DATA PROVIDED START

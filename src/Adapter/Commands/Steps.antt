-- ===== src/Adapter/Commands/Steps.antt =====
-- What `runSetupQRMISupport` of src/cmd/gridware-adapter/main.go, with a client, leaves in the scheduler.
use qpu_resource.Prelude.{List, [], ◌∷◌, ◌≡◌, refl, sym, ◌∙◌, ap, Text}
use mathlib.Core.Path.{subst}
use qpu_resource.Strings.{trim_space}
use qpu_resource.Errors.{ok}
use qpu_resource.Adapter.{parse_csv}
use qpu_resource.Adapter.Options.{ResourceOptions, resource_options_from_flags}
use qpu_resource.Adapter.HookOptions.{QueueHookOptions, Surroundings, queue_hook_options_from_flags}
use qpu_resource.Adapter.QConf.{Configuration, QConf, IsFaithful}
use qpu_resource.Adapter.Action.{Action, lift, ◌>>=◌, ◌>>◌, bind_ok}
use qpu_resource.Adapter.Resource.{ensure_resource_default}
use qpu_resource.Adapter.Resource.Plan.{
  Obligation, has_entry, has_value, lacks_value, runs_sensor, plan, Holds, IsConfigured,
}
use qpu_resource.Adapter.Resource.Plan.Fulfil.{IsOk}
use qpu_resource.Adapter.Resource.Plan.Agree.{HasDistinctNames}
use qpu_resource.Adapter.Resource.Plan.Again.{ensure_resource_default-IsConfigured}
use qpu_resource.Adapter.QueueHooks.{configure_queue_hooks_default}
use qpu_resource.Adapter.QueueHooks.Hooked.{IsHooked, configure_queue_hooks_default-IsHooked}
use qpu_resource.Adapter.Flags.{CommandFlags, default_resource_name}
use qpu_resource.Adapter.Commands.{with_names, setup_qrmi_support}

module _ (qc : QConf) (faithful : IsFaithful qc) (w : Surroundings) (flags : CommandFlags)
    (value : Text) (o : ResourceOptions) where
  open qc use {State, Rest, view}

  -- The options of the hooks, which name the slots as the resource does.
  abbrev raw_hooks : QueueHookOptions
  raw_hooks = with_names default_resource_name o.slots_name flags

  abbrev hosts : List Text
  hosts = parse_csv flags.hosts

  abbrev resourced : State → State
  resourced s = (ensure_resource_default qc o hosts value s).1

  -- The resource is set up, and the queue's hooks on top of it.
  pub record IsSupported (s : State) (c : Configuration Rest) : Type 0 where
    pub configured : IsConfigured qc (plan o hosts value) c
    pub hooks : QueueHookOptions
    pub accepted : queue_hook_options_from_flags w raw_hooks ≡ ok hooks
    pub hooked :
        IsHooked qc faithful w
          (trim_space flags.queue)
          (trim_space flags.prolog)
          (trim_space flags.epilog)
          hooks
          (resourced s)
          c

  -- The setup of the hooks leaves what the plan of the resource is about.
  Holds-kept :
      (ob : Obligation) (c c' : Configuration Rest)
      → c'.complex_entry ≡ c.complex_entry
      → c'.exec_host ≡ c.exec_host
      → c'.host_configuration ≡ c.host_configuration
      → Holds qc ob c
      → Holds qc ob c'
  Holds-kept (has_entry d) c c' p q r h = rw p h
  Holds-kept (has_value host k v) c c' p q r h = rw q h
  Holds-kept (lacks_value host k) c c' p q r h = rw q h
  Holds-kept (runs_sensor host path) c c' p q r h = rw r h

  IsConfigured-kept :
      (obs : List Obligation) (c c' : Configuration Rest)
      → c'.complex_entry ≡ c.complex_entry
      → c'.exec_host ≡ c.exec_host
      → c'.host_configuration ≡ c.host_configuration
      → IsConfigured qc obs c
      → IsConfigured qc obs c'
  IsConfigured-kept [] c c' p q r h = h
  IsConfigured-kept (ob ∷ obs) c c' p q r (h, hs) =
      (Holds-kept ob c c' p q r h, IsConfigured-kept obs c c' p q r hs)

  abbrev set_up_hooks : QueueHookOptions → Action State (Unit {0})
  set_up_hooks =
      configure_queue_hooks_default qc w (trim_space flags.queue) (trim_space flags.prolog)
        (trim_space flags.epilog)

  -- What follows the options of the resource.
  abbrev set_up : Action State (Unit {0})
  set_up = do
    ensure_resource_default qc o hosts value
    lift (queue_hook_options_from_flags w raw_hooks) >>= set_up_hooks

  setup_qrmi_support-set_up :
      (s : State)
      → resource_options_from_flags flags.resource ≡ ok o
      → setup_qrmi_support qc w (flags, value) s ≡ set_up s
  unfolding ◌>>=◌ lift
  setup_qrmi_support-set_up s options = rw options refl

  set_up-IsSupported :
      (s : State) → HasDistinctNames o → (set_up s).0 ≡ ok tt → IsSupported s (view (set_up s).1)
  unfolding lift
  set_up-IsSupported s distinct h =
      let (u, done1, step1) =
        bind_ok (ensure_resource_default qc o hosts value)
          (λ _. lift (queue_hook_options_from_flags w raw_hooks) >>= set_up_hooks) s h in
      let (hooks, accepted, step2) =
        bind_ok (lift (queue_hook_options_from_flags w raw_hooks)) set_up_hooks (resourced s)
          (sym (ap (λ p. p.0) step1) ∙ h) in
      let hooked =
        configure_queue_hooks_default-IsHooked qc faithful w (trim_space flags.queue)
          (trim_space flags.prolog) (trim_space flags.epilog) hooks (resourced s)
          (sym (ap (λ p. p.0) (step1 ∙ step2)) ∙ h) in
      subst (λ c. IsSupported s c) (sym (ap (λ p. view p.1) (step1 ∙ step2)))
        (record {
          configured =
              IsConfigured-kept (plan o hosts value) (view (resourced s)) _
                (ap (λ c. c.complex_entry) hooked.after) (ap (λ c. c.exec_host) hooked.after)
                (ap (λ c. c.host_configuration) hooked.after)
                (ensure_resource_default-IsConfigured qc faithful o hosts value distinct s
                  (subst IsOk (sym done1) tt));
          hooks = hooks;
          accepted = accepted;
          hooked = hooked;
        })

  pub setup_qrmi_support-IsSupported :
      (s : State)
      → resource_options_from_flags flags.resource ≡ ok o
      → HasDistinctNames o
      → (setup_qrmi_support qc w (flags, value) s).0 ≡ ok tt
      → IsSupported s (view (setup_qrmi_support qc w (flags, value) s).1)
  setup_qrmi_support-IsSupported s options distinct h =
      let step = setup_qrmi_support-set_up s options in
      subst (λ c. IsSupported s c) (sym (ap (λ p. view p.1) step))
        (set_up-IsSupported s distinct (sym (ap (λ p. p.0) step) ∙ h))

DATA PROVIDED END

WORK TO COMPLETE: Your task is to reproduce all the data exactly as shown.

RESULT:
filename src/Adapter/Commands/Steps.antt
-- ===== src/Adapter/Commands/Steps.antt =====
-- What `runSetupQRMISupport` of src/cmd/gridware-adapter/main.go, with a client, leaves in the scheduler.
use qpu_resource.Prelude.{List, [], ◌∷◌, ◌≡◌, refl, sym, ◌∙◌, ap, Text}
use mathlib.Core.Path.{subst}
use qpu_resource.Strings.{trim_space}
use qpu_resource.Errors.{ok}
use qpu_resource.Adapter.{parse_csv}
use qpu_resource.Adapter.Options.{ResourceOptions, resource_options_from_flags}
use qpu_resource.Adapter.HookOptions.{QueueHookOptions, Surroundings, queue_hook_options_from_flags}
use qpu_resource.Adapter.QConf.{Configuration, QConf, IsFaithful}
use qpu_resource.Adapter.Action.{Action, lift, ◌>>=◌, ◌>>◌, bind_ok}
use qpu_resource.Adapter.Resource.{ensure_resource_default}
use qpu_resource.Adapter.Resource.Plan.{
  Obligation, has_entry, has_value, lacks_value, runs_sensor, plan, Holds, IsConfigured,
}
use qpu_resource.Adapter.Resource.Plan.Fulfil.{IsOk}
use qpu_resource.Adapter.Resource.Plan.Agree.{HasDistinctNames}
use qpu_resource.Adapter.Resource.Plan.Again.{ensure_resource_default-IsConfigured}
use qpu_resource.Adapter.QueueHooks.{configure_queue_hooks_default}
use qpu_resource.Adapter.QueueHooks.Hooked.{IsHooked, configure_queue_hooks_default-IsHooked}
use qpu_resource.Adapter.Flags.{CommandFlags, default_resource_name}
use qpu_resource.Adapter.Commands.{with_names, setup_qrmi_support}

module _ (qc : QConf) (faithful : IsFaithful qc) (w : Surroundings) (flags : CommandFlags)
    (value : Text) (o : ResourceOptions) where
  open qc use {State, Rest, view}

  -- The options of the hooks, which name the slots as the resource does.
  abbrev raw_hooks : QueueHookOptions
  raw_hooks = with_names default_resource_name o.slots_name flags

  abbrev hosts : List Text
  hosts = parse_csv flags.hosts

  abbrev resourced : State → State
  resourced s = (ensure_resource_default qc o hosts value s).1

  -- The resource is set up, and the queue's hooks on top of it.
  pub record IsSupported (s : State) (c : Configuration Rest) : Type 0 where
    pub configured : IsConfigured qc (plan o hosts value) c
    pub hooks : QueueHookOptions
    pub accepted : queue_hook_options_from_flags w raw_hooks ≡ ok hooks
    pub hooked :
        IsHooked qc faithful w
          (trim_space flags.queue)
          (trim_space flags.prolog)
          (trim_space flags.epilog)
          hooks
          (resourced s)
          c

  -- The setup of the hooks leaves what the plan of the resource is about.
  Holds-kept :
      (ob : Obligation) (c c' : Configuration Rest)
      → c'.complex_entry ≡ c.complex_entry
      → c'.exec_host ≡ c.exec_host
      → c'.host_configuration ≡ c.host_configuration
      → Holds qc ob c
      → Holds qc ob c'
  Holds-kept (has_entry d) c c' p q r h = rw p h
  Holds-kept (has_value host k v) c c' p q r h = rw q h
  Holds-kept (lacks_value host k) c c' p q r h = rw q h
  Holds-kept (runs_sensor host path) c c' p q r h = rw r h

  IsConfigured-kept :
      (obs : List Obligation) (c c' : Configuration Rest)
      → c'.complex_entry ≡ c.complex_entry
      → c'.exec_host ≡ c.exec_host
      → c'.host_configuration ≡ c.host_configuration
      → IsConfigured qc obs c
      → IsConfigured qc obs c'
  IsConfigured-kept [] c c' p q r h = h
  IsConfigured-kept (ob ∷ obs) c c' p q r (h, hs) =
      (Holds-kept ob c c' p q r h, IsConfigured-kept obs c c' p q r hs)

  abbrev set_up_hooks : QueueHookOptions → Action State (Unit {0})
  set_up_hooks =
      configure_queue_hooks_default qc w (trim_space flags.queue) (trim_space flags.prolog)
        (trim_space flags.epilog)

  -- What follows the options of the resource.
  abbrev set_up : Action State (Unit {0})
  set_up = do
    ensure_resource_default qc o hosts value
    lift (queue_hook_options_from_flags w raw_hooks) >>= set_up_hooks

  setup_qrmi_support-set_up :
      (s : State)
      → resource_options_from_flags flags.resource ≡ ok o
      → setup_qrmi_support qc w (flags, value) s ≡ set_up s
  unfolding ◌>>=◌ lift
  setup_qrmi_support-set_up s options = rw options refl

  set_up-IsSupported :
      (s : State) → HasDistinctNames o → (set_up s).0 ≡ ok tt → IsSupported s (view (set_up s).1)
  unfolding lift
  set_up-IsSupported s distinct h =
      let (u, done1, step1) =
        bind_ok (ensure_resource_default qc o hosts value)
          (λ _. lift (queue_hook_options_from_flags w raw_hooks) >>= set_up_hooks) s h in
      let (hooks, accepted, step2) =
        bind_ok (lift (queue_hook_options_from_flags w raw_hooks)) set_up_hooks (resourced s)
          (sym (ap (λ p. p.0) step1) ∙ h) in
      let hooked =
        configure_queue_hooks_default-IsHooked qc faithful w (trim_space flags.queue)
          (trim_space flags.prolog) (trim_space flags.epilog) hooks (resourced s)
          (sym (ap (λ p. p.0) (step1 ∙ step2)) ∙ h) in
      subst (λ c. IsSupported s c) (sym (ap (λ p. view p.1) (step1 ∙ step2)))
        (record {
          configured =
              IsConfigured-kept (plan o hosts value) (view (resourced s)) _
                (ap (λ c. c.complex_entry) hooked.after) (ap (λ c. c.exec_host) hooked.after)
                (ap (λ c. c.host_configuration) hooked.after)
                (ensure_resource_default-IsConfigured qc faithful o hosts value distinct s
                  (subst IsOk (sym done1) tt));
          hooks = hooks;
          accepted = accepted;
          hooked = hooked;
        })

  pub setup_qrmi_support-IsSupported :
      (s : State)
      → resource_options_from_flags flags.resource ≡ ok o
      → HasDistinctNames o
      → (setup_qrmi_support qc w (flags, value) s).0 ≡ ok tt
      → IsSupported s (view (setup_qrmi_support qc w (flags, value) s).1)
  setup_qrmi_support-IsSupported s options distinct h =
      let step = setup_qrmi_support-set_up s options in
      subst (λ c. IsSupported s c) (sym (ap (λ p. view p.1) step))
        (set_up-IsSupported s distinct (sym (ap (λ p. p.0) step) ∙ h))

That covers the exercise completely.